Controversial Content of WPA Mural Recreated During Art Restoration in Cedar Rapids City Hall Image with mention of ‘syphilis' is restored on Depression-era mural based on historic photos Cedar Rapids, Government, News, Public Art Rick Smith, The Gazette APRIL 24, 2015
A section of the mural in the City Council Chamber in Cedar Rapids is shown in the midst of being recreated on Friday, April 24, 2015. The work of recreating the art is being carried out by Fine Art Conservation Laboratories from Santa Barbara, California. (Michael Noble Jr./The Gazette)
CEDAR RAPIDS — An image that was likely removed from a Depression Era mural because of its message has been restored at the recommendation of city officials, with the help of the city’s Visual Arts Commission.
The removed image in the mural showed newspapers with the headlines Sweden Defeats Syphilis and Play Ball surrounding a depiction of a physician with a naked patient in 193“, when the mural was painted. Seth Gunnerson, a planner in the city’s Community Development Department, on Friday said his department, at the recommendation of the city’s Visual Arts Commission, opted to restore the image to the mural at the advice of Scott Haskins, president and chief conservator of Fine Art Conservation Laboratories (FACL, Inc.), Santa Barbara, Calif.
Haskins, whose firm is restoring the third wall of the four-wall mural under contract with the city, said the best option was to restore the image so that it did not stand out, but at the same time so there was some indication that it wasn’t part of the original painting. One of the members of his restoration crew recreated the newspapers with headlines in black and white, but without coloring that he said appeared to be part of the original image, he said. However, he said most who view the mural won’t know there had been damage to it and that someone added the missing image, he said.

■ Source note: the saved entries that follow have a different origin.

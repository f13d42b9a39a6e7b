-- ===== src/Peer/Wire/Arrivals.antt =====
-- sendPieceBlock and the PIECE_BLOCK case of handleMessage, src/torrent/peer.cpp, down to the queue.
use ytorrent.Base.{
  ℕ, ◌+◌, ◌/◌, ◌%◌, ◌^◌, ◌<◌, ◌≤◌, ◌≡◌, ◌≢◌, refl, ap, ◌∙◌, List, [], ◌∷◌, ◌++◌, some, false, ◌==◌,
  leb, if-cases, if◌then◌else◌, length, get_elem?, set, All, test_of_same, arith, tests, Outcome,
  done, ◌>>=◌,
}
use ytorrent.Net.Incoming.{IncomingMessage, cpy_buffer}
use ytorrent.Client.{
  Client, Peer, QueuedPiece, Platform, Piece, max_block_request_size, modify_peer,
}
use ytorrent.Torrent.Sizes.{piece_done, finished_flag}
use ytorrent.Peer.Send.{piece_block_message}
use ytorrent.Peer.Messages.{keep_reading}
use ytorrent.Peer.Blocks.{
  take_block, add_block, complete_piece, store_block, find_queued, update_queued, on_queue,
}
use ytorrent.Peer.Wire.{receive}
use ytorrent.Peer.Wire.Chunks.{block_reaches_take_block}

-- The piece stands in the queue, and none before it has its index.
abbrev pub IsQueued : ℕ → List QueuedPiece → QueuedPiece → List QueuedPiece → Peer → Type 0
IsQueued index front q rest x =
    (x.piece_queue ≡ front ++ q ∷ rest)
    × All (λ (r : QueuedPiece). r.index ≢ index) front
    × (q.index ≡ index)

other_index : (a b : ℕ) → a ≢ b → (a == b) ≡ false
other_index a b h = ground arith

find_queued-first :
    (index : ℕ) (front : List QueuedPiece) (q : QueuedPiece) (rest : List QueuedPiece)
    → All (λ (r : QueuedPiece). r.index ≢ index) front
    → q.index ≡ index
    → find_queued index (front ++ q ∷ rest) ≡ some q
unfolding find_queued
find_queued-first index [] q rest h e =
    ap (λ b. if b then some q else find_queued index rest) (test_of_same q.index index e)
find_queued-first index (r ∷ front) q rest (h, hs) e =
    ap (λ b. if b then some r else find_queued index (front ++ q ∷ rest))
      (other_index r.index index h)
    ∙ find_queued-first index front q rest hs e

update_queued-first :
    (index : ℕ) (front : List QueuedPiece) (q s : QueuedPiece) (rest : List QueuedPiece)
    → All (λ (r : QueuedPiece). r.index ≢ index) front
    → q.index ≡ index
    → update_queued index s (front ++ q ∷ rest) ≡ front ++ s ∷ rest
unfolding update_queued
update_queued-first index [] q s rest h e =
    ap (λ b. if b then s ∷ rest else q ∷ update_queued index s rest) (test_of_same q.index index e)
update_queued-first index (r ∷ front) q s rest (h, hs) e =
    ap (λ b. if b then s ∷ (front ++ q ∷ rest) else r ∷ update_queued index s (front ++ q ∷ rest))
      (other_index r.index index h)
    ∙ ap (λ l. r ∷ l) (update_queued-first index front q s rest hs e)

piece_done-missing :
    (c : Client) (index : ℕ) (piece : Piece)
    → get_elem? c.torrent.pieces index ≡ some piece
    → piece.finished ≡ false
    → piece_done c.torrent index ≡ done false
unfolding piece_done finished_flag
piece_done-missing c index piece e f = ap finished_flag e ∙ ap done f

abbrev pub with_queue : List QueuedPiece → Peer → Peer
with_queue queue x = record x { piece_queue = queue }

-- What the handler does once the block is stored in the piece `s`.
abbrev pub after_store : Platform → ℕ → ℕ → QueuedPiece → Client → Outcome Client
after_store platform p index s d = do
  e ← (if s.have_blocks == s.total_blocks then complete_piece platform p index s d else done d)
  done (keep_reading p e)

take_block-stores :
    (platform : Platform) (p index begin size : ℕ) (m : IncomingMessage) (bytes : List ℕ)
    (q : QueuedPiece) (c : Client)
    → cpy_buffer size m ≡ done (some bytes)
    → begin / max_block_request_size < q.total_blocks
    → piece_done c.torrent index ≡ done false
    → take_block platform p index begin size m (some q) c
      ≡ after_store platform p index
          (store_block (begin / max_block_request_size) size (some bytes) q)
          (modify_peer p
            (on_queue (
              update_queued index
                (store_block (begin / max_block_request_size) size (some bytes) q)))
            c)
unfolding take_block add_block
take_block-stores platform p index begin size m bytes q c copied inside missing =
    let k = begin / max_block_request_size in
    let s = store_block k size (some bytes) q in
    let result =
      after_store platform p index s (modify_peer p (on_queue (update_queued index s)) c) in
    if-cases (λ r. r ≡ result) (leb q.total_blocks k) (λ e. absurd (omega tests))
      (λ _. rw (missing, copied) refl)

-- A block of an unfinished piece of the queue is stored in it.
pub block_reaches_queue :
    (platform : Platform) (p index begin : ℕ) (block : List ℕ) (front : List QueuedPiece)
    (q : QueuedPiece) (rest : List QueuedPiece) (piece : Piece) (c : Client)
    → IsQueued index front q rest (c.peers p)
    → get_elem? c.torrent.pieces index ≡ some piece
    → piece.finished ≡ false
    → index < 2 ^ 32
    → begin < 2 ^ 32
    → 0 < length block
    → length block ≤ max_block_request_size
    → begin / max_block_request_size < q.total_blocks
    → let s = store_block (begin / max_block_request_size) (length block) (some block) q in
      receive platform p (piece_block_message index begin block (length block)).data_buffer c
      ≡ after_store platform p index s (modify_peer p (with_queue (front ++ s ∷ rest)) c)
block_reaches_queue platform p index begin block front q rest piece c (queue, firsts, same) listed
      missing hi hb some_bytes small inside =
    let s = store_block (begin / max_block_request_size) (length block) (some block) q in
    let (m, copied, e) =
      block_reaches_take_block platform p c index begin block hi hb some_bytes small in
    e
    ∙ ap (λ o. take_block platform p index begin (length block) m o c)
        (ap (find_queued index) queue ∙ find_queued-first index front q rest firsts same)
    ∙ take_block-stores platform p index begin (length block) m block q c copied inside
        (piece_done-missing c index piece listed missing)
    ∙ ap (λ l. after_store platform p index s (modify_peer p (with_queue l) c))
        (ap (update_queued index s) queue ∙ update_queued-first index front q s rest firsts same)

-- The piece with one more block.
abbrev pub one_more : QueuedPiece → ℕ → List ℕ → QueuedPiece
one_more q i block = record q {
  blocks = set q.blocks i (record { size = length block; contents = some block });
  have_blocks = q.have_blocks + 1;
}

store_block-one_more :
    (q : QueuedPiece) (i : ℕ) (block : List ℕ)
    → q.have_blocks + 1 < 2 ^ 64
    → store_block i (length block) (some block) q ≡ one_more q i block
unfolding store_block
store_block-one_more q i block h =
    ap
      (λ n. record q {
        blocks = set q.blocks i (record { size = length block; contents = some block });
        have_blocks = n;
      })
      {x = (q.have_blocks + 1) % 2 ^ 64} {y = q.have_blocks + 1} (omega arith)

pub not_last :
    (platform : Platform) (p index : ℕ) (s : QueuedPiece) (d : Client)
    → s.have_blocks < s.total_blocks
    → after_store platform p index s d ≡ done (keep_reading p d)
not_last platform p index s d h =
    ap
      (λ b. do
        e ← (if b then complete_piece platform p index s d else done d)
        done (keep_reading p e))
      {x = s.have_blocks == s.total_blocks} {y = false} (ground arith)

-- The bytes of sendPieceBlock for a block of 1 byte to 16 KiB that is there in full, received by a client
-- that waits for this piece and has not finished it, are stored with their length as the block of the
-- piece that `begin` lies in, and counted; where this is not the last block that was waited for, nothing
-- else changes, and the next message is read.
pub receive-piece_block_message :
    (platform : Platform) (p index begin : ℕ) (block : List ℕ) (front : List QueuedPiece)
    (q : QueuedPiece) (rest : List QueuedPiece) (piece : Piece) (c : Client)
    → IsQueued index front q rest (c.peers p)
    → get_elem? c.torrent.pieces index ≡ some piece
    → piece.finished ≡ false
    → index < 2 ^ 32
    → begin < 2 ^ 32
    → 0 < length block
    → length block ≤ max_block_request_size
    → begin / max_block_request_size < q.total_blocks
    → q.have_blocks + 1 < q.total_blocks
    → q.total_blocks < 2 ^ 64
    → receive platform p (piece_block_message index begin block (length block)).data_buffer c
      ≡ done (
          keep_reading p (
            modify_peer p
              (with_queue (front ++ one_more q (begin / max_block_request_size) block ∷ rest))
              c))
receive-piece_block_message platform p index begin block front q rest piece c queued listed missing
      hi hb some_bytes small inside more few =
    let s = one_more q (begin / max_block_request_size) block in
    block_reaches_queue platform p index begin block front q rest piece c queued listed missing hi
      hb some_bytes small inside
    ∙ ap (λ r. after_store platform p index r (modify_peer p (with_queue (front ++ r ∷ rest)) c))
        (store_block-one_more q (begin / max_block_request_size) block (omega arith))
    ∙ not_last platform p index s (modify_peer p (with_queue (front ++ s ∷ rest)) c) more
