-- ===== src/Torrent/Bitfield/Bytes.antt =====
-- The bit field as bytes, Torrent::getRawBitfield of src/torrent/torrent.cpp, and the pieces that
-- Peer::handleMessage of src/torrent/peer.cpp reads from them.
use mathlib.Core.List.{append_assoc, append-nil}
use ytorrent.Base.{
  ℕ, zero, suc, ◌+◌, ◌-◌, ◌*◌, ◌^◌, ◌≤◌, ◌<◌, bit_and, ◌≡◌, refl, ap, sym, ◌∙◌, List, [], ◌∷◌, ◌++◌,
  Bool, true, false, not, ◌&&◌, ◌==◌, ltb, lt→ltb, if◌then◌else◌, Bool-cases, inl, inr, map, take,
  drop, length, replicate, take-append-drop, length-take, length-drop, length-replicate,
  length-append, drop_all, arith, done,
}
use ytorrent.Torrent.Bitfield.{reverse_bits}
use ytorrent.Peer.Messages.{add_bits, add_bytes}

-- A block of a dynamic_bitset: the first bit is the lowest one.
abbrev pub byte_of : List Bool → ℕ
byte_of [] = 0
byte_of (b ∷ bs) = (if b then 1 else 0) + 2 * byte_of bs

-- to_block_range as boost documents it: 8 bits a block, and zeros behind the last one.
abbrev pub blocks_of : ℕ → List Bool → List ℕ
blocks_of zero bits = []
blocks_of (suc n) bits = byte_of (take 8 bits) ∷ blocks_of n (drop 8 bits)

-- The places of the bits that are set, from `i` on.
abbrev pub indexes : ℕ → List Bool → List ℕ
indexes i [] = []
indexes i (b ∷ bs) = if b then i ∷ indexes (suc i) bs else indexes (suc i) bs

abbrev indexes_below : ℕ → ℕ → List Bool → List ℕ
indexes_below total i [] = []
indexes_below total i (b ∷ bs) =
    if b && ltb i total then i ∷ indexes_below total (suc i) bs else indexes_below total (suc i) bs

-- The bits of a byte as the message is read, the highest first.
abbrev flags_from : ℕ → ℕ → ℕ → List Bool
flags_from zero j b = []
flags_from (suc n) j b = not (bit_and b (2 ^ (7 - j)) == 0) ∷ flags_from n (suc j) b

add_bits-indexes_below :
    (n j b i total : ℕ) (has : List ℕ)
    → add_bits n j b i total has ≡ has ++ indexes_below total (i * 8 + j) (flags_from n j b)
unfolding add_bits
add_bits-indexes_below zero j b i total has = sym (append-nil has)
add_bits-indexes_below (suc n) j b i total has = elim (Bool-cases (bit_and b (2 ^ (7 - j)) == 0)) [
  | inl e ↦ rw e (
      add_bits-indexes_below n (suc j) b i total has
      ∙ ap (λ k. has ++ indexes_below total k (flags_from n (suc j) b)) {x = i * 8 + suc j}
          {y = suc (i * 8 + j)} (omega arith))
  | inr e ↦ elim (Bool-cases (ltb (i * 8 + j) total)) [
    | inl f ↦
        rw (e, f)
          (add_bits-indexes_below n (suc j) b i total (has ++ (i * 8 + j) ∷ [])
            ∙ ap (λ k. (has ++ (i * 8 + j) ∷ []) ++ indexes_below total k (flags_from n (suc j) b))
                {x = i * 8 + suc j} {y = suc (i * 8 + j)} (omega arith)
            ∙ append_assoc has ((i * 8 + j) ∷ [])
                (indexes_below total (suc (i * 8 + j)) (flags_from n (suc j) b)))
    | inr f ↦
        rw (e, f)
          (add_bits-indexes_below n (suc j) b i total has
            ∙ ap (λ k. has ++ indexes_below total k (flags_from n (suc j) b)) {x = i * 8 + suc j}
                {y = suc (i * 8 + j)} (omega arith))
  ]
]

-- A test of all lists of `n` bits.
abbrev all_of : ℕ → (List Bool → Bool) → Bool
all_of zero test = test []
all_of (suc n) test = all_of n (λ bs. test (true ∷ bs)) && all_of n (λ bs. test (false ∷ bs))

both : (a b : Bool) → (a && b) ≡ true → (a ≡ true) × (b ≡ true)
both true b e = (refl, e)
both false b e = absurd (cc e)

all_of_each :
    (n : ℕ) (test : List Bool → Bool) (bs : List Bool)
    → all_of n test ≡ true
    → length bs ≡ n
    → test bs ≡ true
all_of_each zero test [] e h = e
all_of_each zero test (b ∷ bs) e h = absurd (omega arith)
all_of_each (suc n) test [] e h = absurd (omega arith)
all_of_each (suc n) test (true ∷ bs) e h =
    all_of_each n (λ xs. test (true ∷ xs)) bs (both _ _ e).0 (omega arith)
all_of_each (suc n) test (false ∷ bs) e h =
    all_of_each n (λ xs. test (false ∷ xs)) bs
      (both (all_of n (λ xs. test (true ∷ xs))) (all_of n (λ xs. test (false ∷ xs))) e).1
      (omega arith)

abbrev same_bits : List Bool → List Bool → Bool
same_bits [] [] = true
same_bits [] (b ∷ bs) = false
same_bits (a ∷ xs) [] = false
same_bits (true ∷ xs) (b ∷ bs) = b && same_bits xs bs
same_bits (false ∷ xs) (b ∷ bs) = not b && same_bits xs bs

same_bits_eq : (xs bs : List Bool) → same_bits xs bs ≡ true → xs ≡ bs
same_bits_eq [] [] e = refl
same_bits_eq [] (b ∷ bs) e = absurd (cc e)
same_bits_eq (a ∷ xs) [] e = absurd (cc e)
same_bits_eq (true ∷ xs) (true ∷ bs) e = ap (λ t. true ∷ t) (same_bits_eq xs bs e)
same_bits_eq (true ∷ xs) (false ∷ bs) e = absurd (cc e)
same_bits_eq (false ∷ xs) (true ∷ bs) e = absurd (cc e)
same_bits_eq (false ∷ xs) (false ∷ bs) e = ap (λ t. false ∷ t) (same_bits_eq xs bs e)

abbrev survives : List Bool → Bool
survives bs = same_bits (flags_from 8 0 (reverse_bits (byte_of bs))) bs

all_survive : all_of 8 survives ≡ true
unfolding reverse_bits
all_survive = refl

-- A byte of eight bits is read back as those bits.
flags_from-byte_of :
    (bs : List Bool) → length bs ≡ 8 → flags_from 8 0 (reverse_bits (byte_of bs)) ≡ bs
flags_from-byte_of bs h =
    same_bits_eq (flags_from 8 0 (reverse_bits (byte_of bs))) bs
      (all_of_each 8 survives bs all_survive h)

-- Zeros behind the bits change neither the byte nor the places.
byte_of-zeros : (k : ℕ) → byte_of (replicate k false) ≡ 0
byte_of-zeros zero = refl
byte_of-zeros (suc k) = omega (arith, byte_of-zeros k)

byte_of-padded : (bs : List Bool) (k : ℕ) → byte_of (bs ++ replicate k false) ≡ byte_of bs
byte_of-padded [] k = byte_of-zeros k
byte_of-padded (b ∷ bs) k = ap (λ n. (if b then 1 else 0) + 2 * n) (byte_of-padded bs k)

indexes_below-zeros : (total i k : ℕ) → indexes_below total i (replicate k false) ≡ []
indexes_below-zeros total i zero = refl
indexes_below-zeros total i (suc k) = indexes_below-zeros total (suc i) k

indexes_below-padded :
    (total i : ℕ) (bs : List Bool) (k : ℕ)
    → i + length bs ≤ total
    → indexes_below total i (bs ++ replicate k false) ≡ indexes i bs
indexes_below-padded total i [] k h = indexes_below-zeros total i k
indexes_below-padded total i (false ∷ bs) k h =
    indexes_below-padded total (suc i) bs k (omega arith)
indexes_below-padded total i (true ∷ bs) k h =
    rw (lt→ltb i total (omega arith))
      (ap (λ t. i ∷ t) (indexes_below-padded total (suc i) bs k (omega arith)))

-- A byte of at most eight bits adds the places of those that are set.
add_bits-byte_of :
    (bs : List Bool) (i total : ℕ) (has : List ℕ)
    → length bs ≤ 8
    → i * 8 + length bs ≤ total
    → add_bits 8 0 (reverse_bits (byte_of bs)) i total has ≡ has ++ indexes (i * 8) bs
add_bits-byte_of bs i total has short fits =
    let k = 8 - length bs in
    let whole = bs ++ replicate k false in
    let eight : length whole ≡ 8 =
      omega (arith, length-append bs (replicate k false), length-replicate k false) in
    ap (λ n. add_bits 8 0 (reverse_bits n) i total has) (sym (byte_of-padded bs k))
    ∙ add_bits-indexes_below 8 0 (reverse_bits (byte_of whole)) i total has
    ∙ ap (λ fs. has ++ indexes_below total (i * 8 + 0) fs) (flags_from-byte_of whole eight)
    ∙ ap (λ n. has ++ indexes_below total n whole) {x = i * 8 + 0} {y = i * 8} (omega arith)
    ∙ ap (λ t. has ++ t) (indexes_below-padded total (i * 8) bs k fits)

indexes-append :
    (i : ℕ) (xs ys : List Bool) → indexes i (xs ++ ys) ≡ indexes i xs ++ indexes (i + length xs) ys
indexes-append i [] ys = ap (λ n. indexes n ys) {x = i} {y = i + 0} (omega arith)
indexes-append i (false ∷ xs) ys =
    indexes-append (suc i) xs ys
    ∙ ap (λ n. indexes (suc i) xs ++ indexes n ys) {x = suc i + length xs} {y = i + suc (length xs)}
        (omega arith)
indexes-append i (true ∷ xs) ys =
    ap (λ t. i ∷ t)
      (indexes-append (suc i) xs ys
        ∙ ap (λ n. indexes (suc i) xs ++ indexes n ys) {x = suc i + length xs}
            {y = i + suc (length xs)} (omega arith))

-- The places of the first eight bits and of those behind them.
indexes-eight :
    (i : ℕ) (bits : List Bool)
    → 8 ≤ length bits
    → indexes (i * 8) (take 8 bits) ++ indexes (suc i * 8) (drop 8 bits) ≡ indexes (i * 8) bits
indexes-eight i bits long =
    ap (λ n. indexes (i * 8) (take 8 bits) ++ indexes n (drop 8 bits)) {x = suc i * 8}
      {y = i * 8 + length (take 8 bits)} (omega (arith, length-take 8 bits))
    ∙ sym (indexes-append (i * 8) (take 8 bits) (drop 8 bits))
    ∙ ap (indexes (i * 8)) (take-append-drop 8 bits)

take_short : (n : ℕ) (bits : List Bool) → length bits ≤ n → take n bits ≡ bits
take_short n bits short =
    sym (append-nil (take n bits))
    ∙ ap (λ t. take n bits ++ t) (sym (drop_all n bits short))
    ∙ take-append-drop n bits

-- The loop over the bytes adds the places of all bits that are set.
pub add_bytes-blocks_of :
    (n i total : ℕ) (bits : List Bool) (has : List ℕ)
    → length bits ≤ n * 8
    → n * 8 < length bits + 8
    → i * 8 + length bits ≤ total
    → add_bytes n i (map reverse_bits (blocks_of n bits)) total has
      ≡ done (has ++ indexes (i * 8) bits)
unfolding add_bytes
add_bytes-blocks_of zero i total [] has h tight fits = ap done (sym (append-nil has))
add_bytes-blocks_of zero i total (b ∷ bits) has h tight fits = absurd (omega arith)
add_bytes-blocks_of (suc zero) i total bits has h tight fits =
    ap (λ bs. done (add_bits 8 0 (reverse_bits (byte_of bs)) i total has))
      (take_short 8 bits (omega arith))
    ∙ ap done (add_bits-byte_of bits i total has (omega arith) fits)
add_bytes-blocks_of (suc (suc n)) i total bits has h tight fits =
    let size = length-take 8 bits in
    let rest = length-drop 8 bits in
    ap (λ l. add_bytes (suc n) (suc i) (map reverse_bits (blocks_of (suc n) (drop 8 bits))) total l)
      (add_bits-byte_of (take 8 bits) i total has (omega (arith, size)) (omega (arith, size)))
    ∙ add_bytes-blocks_of (suc n) (suc i) total (drop 8 bits) (has ++ indexes (i * 8) (take 8 bits))
        (omega (arith, rest)) (omega (arith, rest)) (omega (arith, rest))
    ∙ ap done (
        append_assoc has (indexes (i * 8) (take 8 bits)) (indexes (suc i * 8) (drop 8 bits))
        ∙ ap (λ t. has ++ t) (indexes-eight i bits (omega arith)))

The mural, which wraps around what had been a federal courtroom and is now the City Council chambers, was painted over in 1956 and uncovered in 1963 during a room renovation. It was then quickly painted over again as the federal court system concluded that the art was not important enough to display. One panel of the mural, which shows a scene of a Wild West vigilante hanging, is directly across from what had been the room’s jury box, which prompted complaints from attorneys that helped advance the decision to paint over the mural. The city acquired the building in a swap of property, with the new federal courthouse built on what had been city-owned property. The city decided to restore the mural as the city prepared to move into the renovated former courthouse in 2011. Haskins’ crew is finishing up the restoration of the mural on a third wall of the council chambers. Earlier, the city had the mural sections on two other walls restored, and the city is raising money to have the fourth wall uncovered. The third wall features the vigilante hanging juxtaposed with 1930s law enforcement and images of the practice of superstition, next to images of the arrival of modern medicine. The final panel, with the syphilis headline, initially had been sketched by the artist to be a family headed into a movie theater. But the approved image (by the Washington based WPA office) changed from sketch to when it was painted on the wall.